Step 3: Simplify the Denominator: $P(A' \cup B')$

• Step 3a: Simplify the set expression $A' \cup B'$. We use De Morgan's Law, which states that the union of complements is the complement of the intersection: $(A \cap B)' = A' \cup B'$. Applying this directly: $A' \cup B' = (A \cap B)'$ Therefore, the denominator simplifies to $P((A \cap B)')$.

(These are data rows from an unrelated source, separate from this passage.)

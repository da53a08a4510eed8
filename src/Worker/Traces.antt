-- ===== src/Worker/Traces.antt =====
-- A run of the worker changes the jobs by the store's methods only.
use mathlib.Core.Path.{subst}
use teldrive_lab.Prelude.{
  String, Bool, true, false, Option, none, some, List, [], ◌∷◌, ◌++◌, ◌≡◌, refl, arith, inl, inr,
  ◌⊎◌, ◌∙◌, ap, sym, if◌then◌else◌,
}
use teldrive_lab.Exec.{Action, Error, ok, err, pure, Any-cases, ◌>>=◌}
use teldrive_lab.Audit.{Detail, record_event}
use teldrive_lab.Safety.{AuthorizationReceipt, Decision}
use teldrive_lab.Safety.Paths.{Host}
use teldrive_lab.Jobs.{Job, Row, is_terminal}
use teldrive_lab.Jobs.Invariant.{IsValid}
use teldrive_lab.Jobs.History.{run-IsValid_from, terminal_frozen}
use teldrive_lab.Jobs.Store.{Table, get, find}
use teldrive_lab.Jobs.Updates.{begin_verification}
use teldrive_lab.Jobs.Claims.{claim}
use teldrive_lab.Jobs.Trace
use teldrive_lab.Jobs.Trace.{
  Op, fail_op, cancel_op, retry_op, claim_op, begin_verification_op, complete_verification_op,
  perform, run, discard_table,
}
use teldrive_lab.JobLifecycle.{Stores, on_jobs, Stamp}
use teldrive_lab.Worker.{
  Worker, Session, ExecutionStatus, ExecutionResult, execute, provided, from_result,
  safety_decision, audit, handle, handle_claimed, approve, refuse, attempted, settle, settle_status,
  settle_current, yield_job, confirm, gate, still_owns, succeed, drop_job, retry_job, fail_job,
  run_once, authorization_detail, or_default, floor, status_value,
}

-- The table is what some sequence of methods makes of the other.
abbrev pub Follows : Table → Table → Type 0
Follows t t' = (ops : List Op) × (run ops t ≡ t')

abbrev pub IsTraced : {A : Type 0} → Action Stores A → Type 0
IsTraced m = (s : Stores) → Follows s.jobs (m s).1.jobs

run-append : (ops more : List Op) (t : Table) → run (ops ++ more) t ≡ run more (run ops t)
unfolding run
run-append [] more t = refl
run-append (op ∷ ops) more t = run-append ops more (perform op t).1

nothing : {t : Table} → Follows t t
unfolding run
nothing = ([], refl)

then_on : (t u w : Table) → Follows t u → Follows u w → Follows t w
then_on t u w (ops, p) (more, q) = (ops ++ more, run-append ops more t ∙ (ap (run more) p ∙ q))

one_method :
    {A : Type 0} (op : Op) (m : Action Table A)
    → perform op ≡ Trace.discard m
    → IsTraced (on_jobs m)
unfolding run
one_method op m e s = (op ∷ [], ap (λ f. (f s.jobs).1) e ∙ discard_table m s.jobs)

bind_ok :
    {A B : Type 0} (m : Action Stores A) (f : A → Action Stores B) (s : Stores) (a : A)
    → (m s).0 ≡ ok a
    → (m >>= f) s ≡ f a (m s).1
bind_ok m f s a e = ground arith

bind_err :
    {A B : Type 0} (m : Action Stores A) (f : A → Action Stores B) (s : Stores) (x : Error)
    → (m s).0 ≡ err x
    → (m >>= f) s ≡ (err x, (m s).1)
bind_err m f s x e = ground arith

bind-IsTraced :
    {A B : Type 0} (m : Action Stores A) (f : A → Action Stores B)
    → IsTraced m
    → ((a : A) → IsTraced (f a))
    → IsTraced (m >>= f)
bind-IsTraced m f first rest s = elim (Any-cases (m s).0) [
  | inl (a, e) ↦
      subst (λ r. Follows s.jobs r.1.jobs) (sym (bind_ok m f s a e))
        (then_on s.jobs (m s).1.jobs (f a (m s).1).1.jobs (first s) (rest a (m s).1))
  | inr (x, e) ↦ subst (λ r. Follows s.jobs r.1.jobs) (sym (bind_err m f s x e)) (first s)
]

pure-IsTraced : {A : Type 0} (a : A) → IsTraced (pure a)
pure-IsTraced a s = nothing

if-IsTraced :
    {A : Type 0} (b : Bool) (m n : Action Stores A)
    → IsTraced m
    → IsTraced n
    → IsTraced (if b then m else n)
if-IsTraced true m n h g = h
if-IsTraced false m n h g = g

get_same : (k : String) (s : Stores) → run [] s.jobs ≡ (on_jobs (get k) s).1.jobs
unfolding get run
get_same k s = ground arith

get-IsTraced : (k : String) → IsTraced (on_jobs (get k))
get-IsTraced k s = ([], get_same k s)

module _ (w : Worker) (session : Session) where
  audit-IsTraced :
      (stamp : Stamp) (operation : String) (job : Job) (decision result : String)
      (code : Option String) (details : List (String × Detail))
      → IsTraced (audit w stamp operation job decision result code details)
  unfolding audit run
  audit-IsTraced stamp operation job decision result code details s = ([], ground arith)

  -- The table is as it was, or one method has changed it.
  abbrev retry_op_of : Job → ExecutionResult → Op
  retry_op_of job r =
      retry_op job.job_id w.worker_id (or_default r.error_code "RETRYABLE")
        (or_default r.error_message "retryable execution failure") (floor r.delay_seconds)
        (session.now 1)

  abbrev fail_op_of : Job → ExecutionResult → Op
  fail_op_of job r =
      fail_op job.job_id w.worker_id (or_default r.error_code (status_value r.status))
        (or_default r.error_message "execution failed") (session.now 1)

  one_of : (op : Op) (t u : Table) → (u ≡ t) ⊎ (u ≡ (perform op t).1) → Follows t u
  unfolding run
  one_of op t u (inl same) = ([], sym same)
  one_of op t u (inr done) = (op ∷ [], sym done)

  refuse_jobs :
      (job : Job) (d : Decision) (s : Stores)
      → ((refuse w session job d s).1.jobs ≡ s.jobs)
        ⊎ ((refuse w session job d s).1.jobs
            ≡ (perform
                (fail_op job.job_id w.worker_id "UNSAFE_OPERATION" d.reason (session.now 1))
                s.jobs).1)
  unfolding refuse audit record_event perform
  refuse_jobs job d s = ground arith

  refuse-IsTraced : (job : Job) (d : Decision) → IsTraced (refuse w session job d)
  refuse-IsTraced job d s =
      one_of (fail_op job.job_id w.worker_id "UNSAFE_OPERATION" d.reason (session.now 1)) s.jobs
        (refuse w session job d s).1.jobs (refuse_jobs job d s)

  drop_jobs :
      (job : Job) (s : Stores)
      → ((drop_job w session job s).1.jobs ≡ s.jobs)
        ⊎ ((drop_job w session job s).1.jobs
            ≡ (perform (cancel_op job.job_id (session.now 1)) s.jobs).1)
  unfolding drop_job audit record_event perform
  drop_jobs job s = ground arith

  retry_jobs :
      (job : Job) (r : ExecutionResult) (s : Stores)
      → ((retry_job w session job r s).1.jobs ≡ s.jobs)
        ⊎ ((retry_job w session job r s).1.jobs ≡ (perform (retry_op_of job r) s.jobs).1)
  unfolding retry_job audit record_event perform
  retry_jobs job r s = ground arith

  fail_jobs :
      (job : Job) (r : ExecutionResult) (s : Stores)
      → ((fail_job w session job r s).1.jobs ≡ s.jobs)
        ⊎ ((fail_job w session job r s).1.jobs ≡ (perform (fail_op_of job r) s.jobs).1)
  unfolding fail_job audit record_event perform
  fail_jobs job r s = ground arith

  confirm_jobs :
      (job : Job) (s : Stores)
      → ((confirm w session job s).1.jobs ≡ s.jobs)
        ⊎ ((confirm w session job s).1.jobs
            ≡ (perform (complete_verification_op job.job_id w.worker_id (session.now 2)) s.jobs).1)
  unfolding confirm audit record_event perform
  confirm_jobs job s = ground arith

  confirm-IsTraced : (job : Job) → IsTraced (confirm w session job)
  confirm-IsTraced job s =
      one_of (complete_verification_op job.job_id w.worker_id (session.now 2)) s.jobs
        (confirm w session job s).1.jobs (confirm_jobs job s)

  begin-IsTraced :
      (k : String) → IsTraced (on_jobs (begin_verification k w.worker_id (session.now 1)))
  unfolding perform
  begin-IsTraced k =
      one_method (begin_verification_op k w.worker_id (session.now 1))
        (begin_verification k w.worker_id (session.now 1)) refl

  yield_jobs :
      (job : Job) (r : ExecutionResult) (s : Stores)
      → run [] s.jobs ≡ (yield_job w session job r s).1.jobs
  unfolding yield_job audit record_event run
  yield_jobs job r s = ground arith

  yield-IsTraced : (job : Job) (r : ExecutionResult) → IsTraced (yield_job w session job r)
  yield-IsTraced job r s = ([], yield_jobs job r s)

  status-IsTraced :
      (status : ExecutionStatus) (job : Job) (r : ExecutionResult)
      → IsTraced (settle_status w session status job r)
  unfolding succeed
  status-IsTraced ExecutionStatus.success job r =
      bind-IsTraced (on_jobs (begin_verification job.job_id w.worker_id (session.now 1)))
        (λ _. confirm w session job) (begin-IsTraced job.job_id) (λ _. confirm-IsTraced job)
  status-IsTraced ExecutionStatus.cancelled job r = λ s.
      one_of (cancel_op job.job_id (session.now 1)) s.jobs (drop_job w session job s).1.jobs
        (drop_jobs job s)
  status-IsTraced ExecutionStatus.retryable job r = λ s.
      one_of (retry_op_of job r) s.jobs (retry_job w session job r s).1.jobs (retry_jobs job r s)
  status-IsTraced ExecutionStatus.permanent job r =
      λ s. one_of (fail_op_of job r) s.jobs (fail_job w session job r s).1.jobs (fail_jobs job r s)
  status-IsTraced ExecutionStatus.unsafe job r =
      λ s. one_of (fail_op_of job r) s.jobs (fail_job w session job r s).1.jobs (fail_jobs job r s)

  settle-IsTraced : (job : Job) (r : ExecutionResult) → IsTraced (settle w session job r)
  unfolding settle
  settle-IsTraced job r =
      bind-IsTraced (on_jobs (get job.job_id)) (settle_current w session job r)
        (get-IsTraced job.job_id)
        (λ current.
          if-IsTraced (still_owns w session current) (settle_status w session r.status job r)
            (yield_job w session current r) (status-IsTraced r.status job r)
            (yield-IsTraced current r))

  -- The executor, and whoever acts while it runs, change the jobs by the store's methods only.
  abbrev pub Behaves : Type 0
  Behaves =
      (job : Job) (a : Option AuthorizationReceipt) (s : Stores)
      → Follows s.jobs (execute w.executor job a s).1.jobs

  approve-IsTraced :
      Behaves → (job : Job) (a : Option AuthorizationReceipt) → IsTraced (approve w session job a)
  unfolding approve
  approve-IsTraced behaves job a =
      bind-IsTraced
        (audit w (session.stamp 1) "worker.safety_gate" job "ALLOWED" "APPROVED" none
          (("authorization_id", authorization_detail a) ∷ []))
        (λ _. attempted w.executor job a >>= λ result. settle w session job result)
        (audit-IsTraced (session.stamp 1) "worker.safety_gate" job "ALLOWED" "APPROVED" none
          (("authorization_id", authorization_detail a) ∷ []))
        (λ _.
          bind-IsTraced (attempted w.executor job a) (settle w session job) (behaves job a)
            (settle-IsTraced job))

  handle-IsTraced : (h : Host) → Behaves → (job : Job) → IsTraced (handle w session h job)
  unfolding handle
  handle-IsTraced h behaves job =
      bind-IsTraced (audit w (session.stamp 0) "worker.claim" job "ALLOWED" "CLAIMED" none [])
        (λ _. from_result (provided w job) >>= gate w session h job)
        (audit-IsTraced (session.stamp 0) "worker.claim" job "ALLOWED" "CLAIMED" none [])
        (λ _.
          bind-IsTraced (from_result (provided w job)) (gate w session h job) (λ s. nothing)
            (λ a.
              if-IsTraced (safety_decision h job a).allowed (approve w session job a)
                (refuse w session job (safety_decision h job a)) (approve-IsTraced behaves job a)
                (refuse-IsTraced job (safety_decision h job a))))

  claimed-IsTraced :
      (h : Host) → Behaves → (claimed : Option Job) → IsTraced (handle_claimed w session h claimed)
  claimed-IsTraced h behaves none = pure-IsTraced {A = Option Job} none
  claimed-IsTraced h behaves (some job) = handle-IsTraced h behaves job

  pub run_once-IsTraced : (h : Host) → Behaves → IsTraced (run_once w session h)
  unfolding run_once perform
  run_once-IsTraced h behaves =
      bind-IsTraced (on_jobs (claim w.worker_id w.lease_seconds (session.now 0)))
        (handle_claimed w session h)
        (one_method (claim_op w.worker_id w.lease_seconds (session.now 0))
          (claim w.worker_id w.lease_seconds (session.now 0)) refl)
        (claimed-IsTraced h behaves)

  -- With such an executor, a run of the worker keeps the invariant of the job store, and leaves each
  -- completed, failed or cancelled job as it was.
  pub run_once-IsValid :
      (h : Host)
      → Behaves
      → (s : Stores) → IsValid s.jobs
      → IsValid (run_once w session h s).1.jobs
        × ((k : String) (r : Row)
            → find k s.jobs ≡ some r
            → is_terminal r.state ≡ true
            → find k (run_once w session h s).1.jobs ≡ some r)
  run_once-IsValid h behaves s v =
      let (ops, e) = run_once-IsTraced h behaves s in
      (
        subst IsValid e (run-IsValid_from ops s.jobs v),
        λ k r found done. ap (find k) (sym e) ∙ terminal_frozen k ops s.jobs r v found done,
      )
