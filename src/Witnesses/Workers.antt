-- ===== src/Witnesses/Workers.antt =====
-- The theorems on the worker and the registry, at concrete inputs.
use teldrive_lab.Prelude.{String, true, false, Option, none, some, [], ◌≡◌, refl, pos, any_by}
use teldrive_lab.Exec.{ok}
use teldrive_lab.Safety.{AuthorizationReceipt, is_mutating}
use teldrive_lab.Safety.Paths
use teldrive_lab.Safety.Paths.{is_protected}
use teldrive_lab.Safety.Policy
use teldrive_lab.Jobs.{JobState, JobType, Job, Row, is_terminal}
use teldrive_lab.Jobs.Store.{to_job, find}
use teldrive_lab.Jobs.Trace.{run}
use teldrive_lab.Jobs.Invariant.{IsValid}
use teldrive_lab.Jobs.History.{run-IsValid}
use teldrive_lab.JobLifecycle.{Stores}
use teldrive_lab.Worker.{
  Worker, Session, Executor, raises, execute, operation_for, job_paths, handle, run_once,
  safety_decision,
}
use teldrive_lab.Worker.Gate.{with_executor, denied_not_executed}
use teldrive_lab.Worker.Traces.{Follows, run_once-IsValid}
use teldrive_lab.Witnesses.Sample.{claimed_ops, claimed_table, running_a}
use teldrive_lab.Witnesses.Boundary.{host, stamp, stores}

-- An executor that changes nothing and fails, and one that empties the log.
abbrev idle : Executor
idle = Executor.legacy (λ job s. (raises "idle", s))

abbrev forgetful : Executor
forgetful = Executor.legacy (λ job s. (raises "done", record s { events = [] }))

abbrev worker : Worker
worker = record {
  executor = idle;
  worker_id = "w";
  audits = true;
  lease_seconds = pos 10;
  provider = none;
}

abbrev session : Session
session = record { now = λ n. 20; stamp = λ n. stamp }

abbrev job : Job
job = to_job running_a

abbrev vault_job : Job
vault_job = record job { destination = some "/vault/out" }

transfers : is_mutating (operation_for job) ≡ true
unfolding is_mutating operation_for teldrive_lab.Jobs.type_value to_job
transfers = refl

vault_named : any_by (is_protected host) (job_paths vault_job) ≡ true
unfolding to_job is_protected Paths.protected_roots Paths.is_within Paths.resolve_path Paths.resolve
    Paths.protected_state
vault_named = refl

all_denied :
    (a : Option AuthorizationReceipt)
    → ok none ≡ ok a
    → (safety_decision host job a).allowed ≡ false
unfolding safety_decision Policy.authorize is_mutating operation_for teldrive_lab.Jobs.type_value
    to_job Policy.protected_paths is_protected Paths.protected_roots Paths.is_within
    Paths.resolve_path Paths.resolve Paths.protected_state
all_denied none e = refl
all_denied (some r) e = absurd (cc)

denied_not_executed_example :
    handle (with_executor forgetful worker) session host job stores
    ≡ handle worker session host job stores
denied_not_executed_example =
    denied_not_executed worker session host job forgetful stores all_denied

idle_behaves :
    (j : Job) (a : Option AuthorizationReceipt) (s : Stores)
    → Follows s.jobs (execute idle j a s).1.jobs
unfolding execute run
idle_behaves j a s = ([], refl)

run_once-IsValid_example :
    IsValid (run_once worker session host stores).1.jobs
    × ((k : String) (r : Row)
        → find k claimed_table ≡ some r
        → is_terminal r.state ≡ true
        → find k (run_once worker session host stores).1.jobs ≡ some r)
run_once-IsValid_example =
    run_once-IsValid worker session host idle_behaves stores (run-IsValid claimed_ops)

• Step 3b: Express $P((A \cap B)')$ in terms of given probabilities. We use the Complement Rule, which states $P(X') = 1 - P(X)$. Applying this rule to the event $(A \cap B)$: $P((A \cap B)') = 1 - P(A \cap B)$

Step 4: Substitute and Calculate

Now we substitute the simplified expressions for the numerator and denominator back into the conditional probability formula: $P(A | (A' \cup B')) = \frac{P(A \cap B')}{P((A \cap B)')} = \frac{P(A) - P(A \cap B)}{1 - P(A \cap B)}$

We are given the following probabilities:

• $P(A) = \frac{2}{5}$
• $P(A \cap B) = \frac{3}{20}$

Substitute these values into the derived formula: $P(A | (A' \cup B')) = \frac{\frac{2}{5} - \frac{3}{20}}{1 - \frac{3}{20}}$

Perform the arithmetic:

• Calculate the numerator: To subtract the fractions, find a common denominator (20): $\frac{2}{5} - \frac{3}{20} = \frac{2 \times 4}{5 \times 4} - \frac{3}{20} = \frac{8}{20} - \frac{3}{20} = \frac{5}{20}$

• Calculate the denominator: To subtract the fraction from 1, write 1 as $\frac{20}{20}$: $1 - \frac{3}{20} = \frac{20}{20} - \frac{3}{20} = \frac{17}{20}$

• Divide the numerator by the denominator: $P(A | (A' \cup B')) = \frac{\frac{5}{20}}{\frac{17}{20}}$ Dividing by a fraction is equivalent to multiplying by its reciprocal: $P(A | (A' \cup B')) = \frac{5}{20} \times \frac{20}{17} = \frac{5}{17}$

3. Common Mistakes & Tips

• Misapplication of Set Identities: A common mistake is to confuse or misapply De Morgan's Laws or the distributive property. Always visualize with Venn diagrams if unsure. For instance, $A \cap (A' \cup B')$ is not simply $A \cap B'$ directly; the intermediate steps involving $A \cap A'$ are crucial.
• Incorrectly Calculating $P(A \cap B')$: Remember that $P(A \cap B')$ (A occurs, B does not) is $P(A) - P(A \cap B)$, not $P(A) - P(B)$.
• Arithmetic Errors: Fractions can be tricky. Ensure you find common denominators correctly for addition/subtraction and remember how to divide fractions.
• Simplify Set Expressions First: It's generally easier and less error-prone to simplify the set expressions (e.g., $A \cap (A' \cup B')$ and $A' \cup B'$) using set theory before applying probability rules.

4. Summary

We were asked to find the conditional probability $P(A | (A' \cup B'))$. We began by applying the definition of conditional probability. Then, we systematically simplified the numerator $P(A \cap (A' \cup B'))$ to $P(A) - P(A \cap B)$ using the distributive law and complement properties. Simultaneously, we simplified the denominator $P(A' \cup B')$ to $1 - P(A \cap B)$ using De Morgan's Law and the complement rule. Finally, we substituted the given probability values into the simplified expression and performed the arithmetic to arrive at the result $\frac{5}{17}$.

5. Final Answer

The conditional probability $P(A | (A' \cup B'))$ is $\frac{5}{17}$.

The final answer is $\boxed{\frac{5}{17}}$, which corresponds to option (B).